Department of Chemical Engineering, The Pennsylvania State University, University Park, PA, USA.
Department of Chemical Engineering, The Pennsylvania State University, University Park, PA, USA.
Metab Eng. 2020 Sep;61:197-205. doi: 10.1016/j.ymben.2020.03.001. Epub 2020 Mar 13.
Kinetic models predict the metabolic flows by directly linking metabolite concentrations and enzyme levels to reaction fluxes. Robust parameterization of organism-level kinetic models that faithfully reproduce the effect of different genetic or environmental perturbations remains an open challenge due to the intractability of existing algorithms. This paper introduces Kinetics-based Fluxomics Integration Tool (K-FIT), a robust kinetic parameterization workflow that leverages a novel decomposition approach to identify steady-state fluxes in response to genetic perturbations followed by a gradient-based update of kinetic parameters until predictions simultaneously agree with the fluxomic data in all perturbed metabolic networks. The applicability of K-FIT to large-scale models is demonstrated by parameterizing an expanded kinetic model for E. coli (307 reactions and 258 metabolites) using fluxomic data from six mutants. The achieved thousand-fold speed-up afforded by K-FIT over meta-heuristic approaches is transformational enabling follow-up robustness of inference analyses and optimal design of experiments to inform metabolic engineering strategies.

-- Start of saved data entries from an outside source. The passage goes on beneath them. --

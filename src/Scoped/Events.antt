-- ===== src/Scoped/Events.antt =====
-- crates/ignis/src/php/scoped.rs: what happens on a thread, as a list of switches and of what each
-- scope then does.
use ignis.Shared.{ℕ, List, [], ◌∷◌, Option, none, some, lookup, insert}
use ignis.Scoped.{Slots, Scoped, allocate, seal, rows_clear, free_obj, on_switch}

-- The engine writes the properties of an object straight into its slots.
pub data Act : Type 0 where
  assigns : (handle : ℕ) → Slots → Act
  allocates : Option (ℕ × Slots) → Act
  seals : (handle : ℕ) → Act
  clears : Act
  frees : (handle : ℕ) → Act

unfoldable pub act : (scope : ℕ) → Act → Scoped → Scoped
act scope (assigns handle slots) w = elim (lookup handle w.live) [
  | some _ ↦ record w { live = insert handle slots w.live }
  | none ↦ w
]
act scope (allocates class) w = (allocate class w).0
act scope (seals handle) w = seal handle w
act scope clears w = rows_clear scope w
act scope (frees handle) w = free_obj handle w

abbrev pub acts : (scope : ℕ) → List Act → Scoped → Scoped
acts scope [] w = w
acts scope (a ∷ as_) w = acts scope as_ (act scope a w)

-- A thread, with the scope that runs.
pub record World : Type 0 where
  pub current : ℕ
  pub scoped : Scoped

-- The switch to a scope, and what it then does.
pub data Event : Type 0 where
  runs : (scope : ℕ) → List Act → Event

unfoldable pub happen : Event → World → World
unfolding act
happen (runs scope turn) w = record {
  current = scope;
  scoped = acts scope turn (on_switch w.current scope w.scoped);
}

unfoldable pub run : List Event → World → World
unfolding happen
run [] w = w
run (e ∷ events) w = run events (happen e w)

动力学模型通过将代谢物浓度和酶水平直接与反应通量联系起来,预测代谢通量。由于现有算法的复杂性,能够真实再现不同遗传或环境扰动影响的基于机体的动力学模型的稳健参数化仍然是一个未解决的挑战。本文介绍了基于动力学的通量组学集成工具(K-FIT),这是一种稳健的动力学参数化工作流程,利用一种新的分解方法来识别稳态通量,以响应遗传扰动,然后基于梯度更新动力学参数,直到预测同时与所有受扰代谢网络中的通量组学数据一致。通过使用通量组学数据对六种突变体进行参数化,证明了 K-FIT 对大规模模型的适用性,该模型扩展了大肠杆菌(307 个反应和 258 个代谢物)的动力学模型。与启发式方法相比,K-FIT 实现了千倍的速度提升,这为后续稳健性推理分析和实验优化设计提供了支持,从而为代谢工程策略提供信息。